Un fonico zoppo (Rüdiger Vogler) alla ricerca di un regista nella città di Lisbona. Già solo il plot del 14mo film di Wim Wenders, è metafora, film nel film e dichiarata intenzione dell’autore di scavare a fondo nelle contemporanee e reali potenzialità del cinema.

Una narrazione ed un protagonista che simbolicamente vanno a rilento, come la vita stessa della città del Tejo e dei pasteis. In fondo il piacere principale per un turista a Lisboa è leggere Pessoa, sorseggiando “uma bica” e mangiando il dolce tipico di Belem. Wenders gira Lisbon Story pochi mesi dopo la morte di Federico Fellini e al maestro dedica la pellicola, che si apre proprio con la notizia riportata sul quotidiano e si chiude con la scritta “Ciao Federico”. Winter, il protagonista del film arriva in città dopo un lungo viaggio dalla Germania. Va a vivere nella città del suo collega Friedrich il “desaparecido” regista. Chiede a chiunque in zona, compresi alcuni ragazzini. Ma dell’uomo non si hanno notizie.

Ma è tutto un espediente, la vera protagonista del film è proprio Lisboa, meravigliosa, compassata, proprio pochi anni prima del caos dell’Expo. La Lisboa degli azuleos, del fado e dei Madredeus, band cult che ha fatto conoscere la musica tradizionale lusitana in tutta Europa, riprendendo in versione moderna l’espírito di Amália da Piedade Rebordão Rodrigues. La regina scomparsa 5 anni dopo. I Madredeus per Wenders scrivono una delle OST più folgoranti del cinema europeo di tutti i tempi. Roba da ascoltare senza interruzione. C’è spazio anche per un cameo di Manoel de Oliveira, compianto maestro del cinema portoghese. Winter intanto, in attesa di ritrovare il regista, va in giro per i bairros di Lisbona a registrare, i suoni dei tram e dei piccioni. Di tanto in tanto anche delle persone che in portoghese si dice proprio pessoa, parola che vuol dire anche “nessuno”. La bellissima Teresa Salgueiro, da le chiavi dell’appartamento di Friedrich a Winter, ma lui vuole quelle del suo cuore. La cantante spiega al fonico l’alma stessa di Lisboa e il significato della canzone “Tejo”. Un estratto del testo tradotto, suona più o meno così:

“Tejo, mio dolce Tejo, corri così; hai corso per millenni senza rimpianti, sei la casa dell’acqua dove alcuni anni fa ho scelto di nascere.”

 

Il film diventa dunque una riflessione sull’esistenza che passa, delle anime che vivono e che muoiono come le acque del Tejo, che scorrono ogni giorno da secoli e sfociano nell’oceano. Unica testimone la città, Lisbona, come il cielo sopra Berlino o come Palermo e le altre a cui il regista tedesco ha reso omaggio. C’è anche spazio per alcuni piccoli e deliziosi scketch comici, con il goffo Winter e la sua zoppia. Un po’ Tati, un po’ Marceau e ovviamente Chaplin. In fondo la vita, a Lisbona soprattutto, è attesa, divertimento, noia, mancanza, nostalgia o forse solo saudade.

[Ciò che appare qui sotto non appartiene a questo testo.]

-- ===== src/Chief/Provider/Routing.antt =====
-- Where the provider's messages go.
use fmtp.Prelude.{
  ◌+◌, ◌≡◌, refl, false, List, [], ◌∷◌, ◌==◌, int_eq, bytes_eq, ℤ, negsuc, length, Bool-cases, inl,
  inr, ◌⊎◌, arith, All, Bytes,
}
use fmtp.Channel.Settings.{ChannelSettings}
use fmtp.Chief.Settings.{ChiefSettings, first_with_atc, get_channel_id_by_cid}
use fmtp.Chief.Message.{Msg, MsgWithChanId}
use fmtp.Chief.Provider.{deliver}

-- Some channel of the settings has this id and this remote ATC.
abbrev pub IsRoute : List ChannelSettings → ℤ → Bytes → Type 0
IsRoute [] id cid = ⊥
IsRoute (c ∷ cs) id cid = ((c.id ≡ id) × (c.remote_atc ≡ cid)) ⊎ IsRoute cs id cid

first_with_atc-IsRoute :
    (cid : Bytes) (cs : List ChannelSettings)
    → (first_with_atc cid cs == negsuc 0) ≡ false
    → IsRoute cs (first_with_atc cid cs) cid
first_with_atc-IsRoute cid [] found = ground (arith, found)
first_with_atc-IsRoute cid (c ∷ cs) found = elim (Bool-cases (c.remote_atc == cid)) [
  | inl here ↦ inl (rw here refl, (bytes_eq.beq_iff c.remote_atc cid).0 here)
  | inr there ↦ rw there (inr (first_with_atc-IsRoute cid cs (rw there at found)))
]

abbrev pub Routed : ChiefSettings → MsgWithChanId → Type 0
Routed cfg m = IsRoute cfg.channel_setts m.chan_id m.pb_msg.cid

-- The messages that are passed on and those that are missed are all there are, and each passed one
-- goes to a channel whose remote ATC is its CID.
pub deliver-Routed :
    (cfg : ChiefSettings) (list : List Msg)
    → (length (deliver cfg list).0 + length (deliver cfg list).1 ≡ length list)
      × All (Routed cfg) (deliver cfg list).0
unfolding get_channel_id_by_cid
deliver-Routed cfg [] = (refl, tt)
deliver-Routed cfg (val ∷ vals) =
    let later = deliver-Routed cfg vals in
    elim (Bool-cases (first_with_atc val.cid cfg.channel_setts == negsuc 0)) [
      | inl absent ↦ rw absent (omega (arith, later.0), later.1)
      | inr found ↦ rw found (
        omega (arith, later.0),
        (first_with_atc-IsRoute val.cid cfg.channel_setts found, later.1),
      )
    ]
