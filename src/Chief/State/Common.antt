-- ===== src/Chief/State/Common.antt =====
-- When the chief reports that all is well.
use fmtp.Prelude.{
  ◌≡◌, ◌≢◌, refl, ◌↔◌, String, List, [], ◌∷◌, ◌==◌, string_eq, All, arith, Bool-cases, inl, inr,
}
use fmtp.Channel.State.{ChannelState, channel_state_ok}
use fmtp.Chief.State.{
  ChiefState, ProviderState, state_ok, worst_provider, worst_channel, check_common_state,
  set_channels_state,
}

error_ne_ok : ◌≢◌ {A = String} "error" "ok"
error_ne_ok = ground (arith, string_eq.beq_iff "error" "ok")

worst_provider-All :
    (providers : List ProviderState)
    → (worst_provider providers ≡ state_ok)
      ↔ All (λ (it : ProviderState). it.provider_state ≡ state_ok) providers
worst_provider-All [] = (λ e. tt, λ h. refl)
worst_provider-All (it ∷ rest) = elim (Bool-cases (it.provider_state == state_ok)) [
  | inl ok ↦ rw ok (
    λ e. ((string_eq.beq_iff it.provider_state state_ok).0 ok, (worst_provider-All rest).0 e),
    λ h. (worst_provider-All rest).1 h.1,
  )
  | inr bad ↦ rw bad (
    λ e. absurd (error_ne_ok e),
    λ h. absurd (ground (arith, string_eq.beq_iff it.provider_state state_ok, h.0, bad)),
  )
]

worst_channel-All :
    (channels : List ChannelState) (providers : List ProviderState)
    → (worst_channel channels providers ≡ state_ok) ↔ (
        All (λ (it : ChannelState). it.daemon_state ≡ channel_state_ok) channels
        × All (λ (it : ProviderState). it.provider_state ≡ state_ok) providers)
worst_channel-All [] providers =
    (λ e. (tt, (worst_provider-All providers).0 e), λ h. (worst_provider-All providers).1 h.1)
worst_channel-All (it ∷ rest) providers =
    let later = worst_channel-All rest providers in
    elim (Bool-cases (it.daemon_state == channel_state_ok)) [
      | inl ok ↦ rw ok (
        λ e. (
          ((string_eq.beq_iff it.daemon_state channel_state_ok).0 ok, (later.0 e).0),
          (later.0 e).1,
        ),
        λ h. later.1 (h.0.1, h.1),
      )
      | inr bad ↦ rw bad (
        λ e. absurd (error_ne_ok e),
        λ h.
            absurd (ground (arith, string_eq.beq_iff it.daemon_state channel_state_ok, h.0.0, bad)),
      )
    ]

-- After the channels have reported, the common state is good exactly when every channel and every
-- provider is.
set_channels_state-All :
    (s : ChiefState) (channels : List ChannelState)
    → ((set_channels_state s channels).common_state ≡ state_ok) ↔ (
        All (λ (it : ChannelState). it.daemon_state ≡ channel_state_ok) channels
        × All (λ (it : ProviderState). it.provider_state ≡ state_ok) s.provider_states)
unfolding set_channels_state check_common_state
set_channels_state-All s channels = worst_channel-All channels s.provider_states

Alla fine Winter troverà Friedrich, il regista, interpretato da Patrick Bauchau, viene mimetizzato da Wenders in modo da somigliare a Fellini. Il suo incontro è quasi mistico. Ricorda Kurtz di Apocalypse Now e non ha più fiducia nelle immagini in movimento. Sembra essere diventato cieco ed è in balia di una profonda crisi artistica.

Un Wenders nostalgico mette in bocca a Friedrich una frase emblematica:

“Le immagini non sono più quelle di un tempo. Impossibili fidarsi di loro, lo sappiamo tutti, lo sai anche tu. Mentre noi crescevamo le immagini erano narratrici di storie e rivelatrici di cose. Ora sono tutte in vendita, con le loro storie e la loro prose. Sono cambiate sotto i nostri occhi, non sanno più come dimostrare nulla, hanno dimenticato tutto, le immagini vengono svendute aldilà del mondo Winter e con grossi sconti!”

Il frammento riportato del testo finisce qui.